Work required:
Please transcribe exactly, and only, the lines of the data below between the line holding "write fuel c" and the line holding "pump_until fuel pred c []", inclusive.

Records to use:
+++

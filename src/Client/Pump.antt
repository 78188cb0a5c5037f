-- ===== src/Client/Pump.antt =====
-- The I/O loop that blocking calls drive, Client#pump_once of lib/quic/connection.rb, and the blocking
-- Stream#write of ext/quic/stream.c on top of it.
pub mod Waiting
pub mod Whole
pub mod Timeout
use quic_ruby.Base.{
  ℕ, zero, suc, Bool, true, false, Option, none, some, List, [], ◌∷◌, ◌++◌, not, length, ltb, ◌==◌,
  if◌then◌else◌,
}
use quic_ruby.Ruby.{Value, nil, Result, ok, raise, quic, ErrorClass, check_string, Kwargs}
use quic_ruby.Ngtcp2.{Ngtcp2, SocketPath}
use quic_ruby.Client.State.{Client}
use quic_ruby.Client.Packets.{write_pkt, read_pkt_body, handle_expiry, is_handshake_completed}
use quic_ruby.Client.Io.{stream, enqueue_on, fin_kwarg, window_left}

-- What happens round one turn of the loop: the time at its k-th reading of the clock, the datagram
-- that IO.select reports (none if the timer fires first), and the path.
pub record Turn : Type 0 where
  pub times : ℕ → ℕ
  pub received : Option (List ℕ)
  pub path : SocketPath

module _ {Conn : Type 0} (n : Ngtcp2 Conn) where
  -- `while (pkt = write_pkt) @sock.send(pkt, 0)`; `none` where the fuel runs out.
  unfoldable pub drain : ℕ → Client Conn → (ℕ → ℕ) → ℕ → Option (Result (Unit {0}) × Client Conn)
  drain zero c times k = none
  drain (suc fuel) c times k =
      let out = write_pkt n c nil (times k) in
      elim out.result [
        | raise e ↦ some (raise e, out.client)
        | ok none ↦ some (ok tt, out.client)
        | ok (some pkt) ↦
            drain fuel (record out.client { sent = out.client.sent ++ pkt ∷ [] }) times (suc k)
      ]

  -- The second half of a turn. A datagram from recvfrom is a fresh binary String, so #read_pkt's checks of its arguments pass.
  unfoldable pub take_input : Client Conn → Turn → Result (Unit {0}) × Client Conn
  take_input c turn = elim turn.received [
    | some packet ↦ read_pkt_body n c turn.path packet (turn.times 0)
    | none ↦ handle_expiry n c (turn.times 0)
  ]

  -- Client#pump_once
  unfoldable pub pump_once : ℕ → Client Conn → Turn → Option (Result (Unit {0}) × Client Conn)
  pump_once fuel c turn =
      if not c.bound
      then some (raise (quic ErrorClass.not_bound none), c)
      else elim (drain fuel c turn.times 1) [
        | none ↦ none
        | some (raise e, c') ↦ some (raise e, c')
        | some (ok u, c') ↦ some (take_input c' turn)
      ]

  -- The loop of quic_stream_write_m over the turns to come; `none` where it is still waiting when
  -- they are used up.
  unfoldable pub wait_window :
      ℕ → Client Conn → ℕ → ℕ → List Turn → Option (Result (Unit {0}) × Client Conn)
  wait_window fuel c r needed [] = if ltb (window_left n c r) needed then none else some (ok tt, c)
  wait_window fuel c r needed (turn ∷ turns) = elim (ltb (window_left n c r) needed) [
    | false ↦ some (ok tt, c)
    | true ↦ elim (pump_once fuel c turn) [
      | none ↦ none
      | some (raise e, c') ↦ some (raise e, c')
      | some (ok u, c') ↦ wait_window fuel c' r needed turns
    ]
  ]

  -- quic_stream_write_m
  unfoldable pub write :
      ℕ → Client Conn → ℕ → Value → Kwargs → List Turn → Option (Result ℕ × Client Conn)
  write fuel c r data_v opts turns =
      let fin = fin_kwarg opts in
      if not (stream c r).has_client
      then some (enqueue_on c r data_v fin)
      else elim (check_string data_v) [
        | raise e ↦ some (raise e, c)
        | ok bytes ↦
            if length bytes == 0
            then some (enqueue_on c r data_v fin)
            else elim (wait_window fuel c r (length bytes) turns) [
              | none ↦ none
              | some (raise e, c') ↦ some (raise e, c')
              | some (ok u, c') ↦ some (enqueue_on c' r data_v fin)
            ]
      ]

  -- Client#pump_until over the turns to come: `pump_once until pred.call`. `none` where the predicate
  -- does not hold when they are used up.
  unfoldable pub pump_until :
      ℕ → (Client Conn → Bool) → Client Conn → List Turn → Option (Result (Unit {0}) × Client Conn)
  pump_until fuel pred c [] = if pred c then some (ok tt, c) else none
  pump_until fuel pred c (turn ∷ turns) = elim (pred c) [
    | true ↦ some (ok tt, c)
    | false ↦ elim (pump_once fuel c turn) [
      | none ↦ none
      | some (raise e, c') ↦ some (raise e, c')
      | some (ok u, c') ↦ pump_until fuel pred c' turns
    ]
  ]

  -- Client#run
  unfoldable pub run : ℕ → Client Conn → List Turn → Option (Result (Unit {0}) × Client Conn)
  run fuel c turns =
      if not c.bound
      then some (raise (quic ErrorClass.not_bound none), c)
      else pump_until fuel (is_handshake_completed n) c turns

+++

Result:
  write fuel c r data_v opts turns =
      let fin = fin_kwarg opts in
      if not (stream c r).has_client
      then some (enqueue_on c r data_v fin)
      else elim (check_string data_v) [
        | raise e ↦ some (raise e, c)
        | ok bytes ↦
            if length bytes == 0
            then some (enqueue_on c r data_v fin)
            else elim (wait_window fuel c r (length bytes) turns) [
              | none ↦ none
              | some (raise e, c') ↦ some (raise e, c')
              | some (ok u, c') ↦ some (enqueue_on c' r data_v fin)
            ]
      ]

  -- Client#pump_until over the turns to come: `pump_once until pred.call`. `none` where the predicate
  -- does not hold when they are used up.
  unfoldable pub pump_until :
      ℕ → (Client Conn → Bool) → Client Conn → List Turn → Option (Result (Unit {0}) × Client Conn)
  pump_until fuel pred c [] = if pred c then some (ok tt, c) else none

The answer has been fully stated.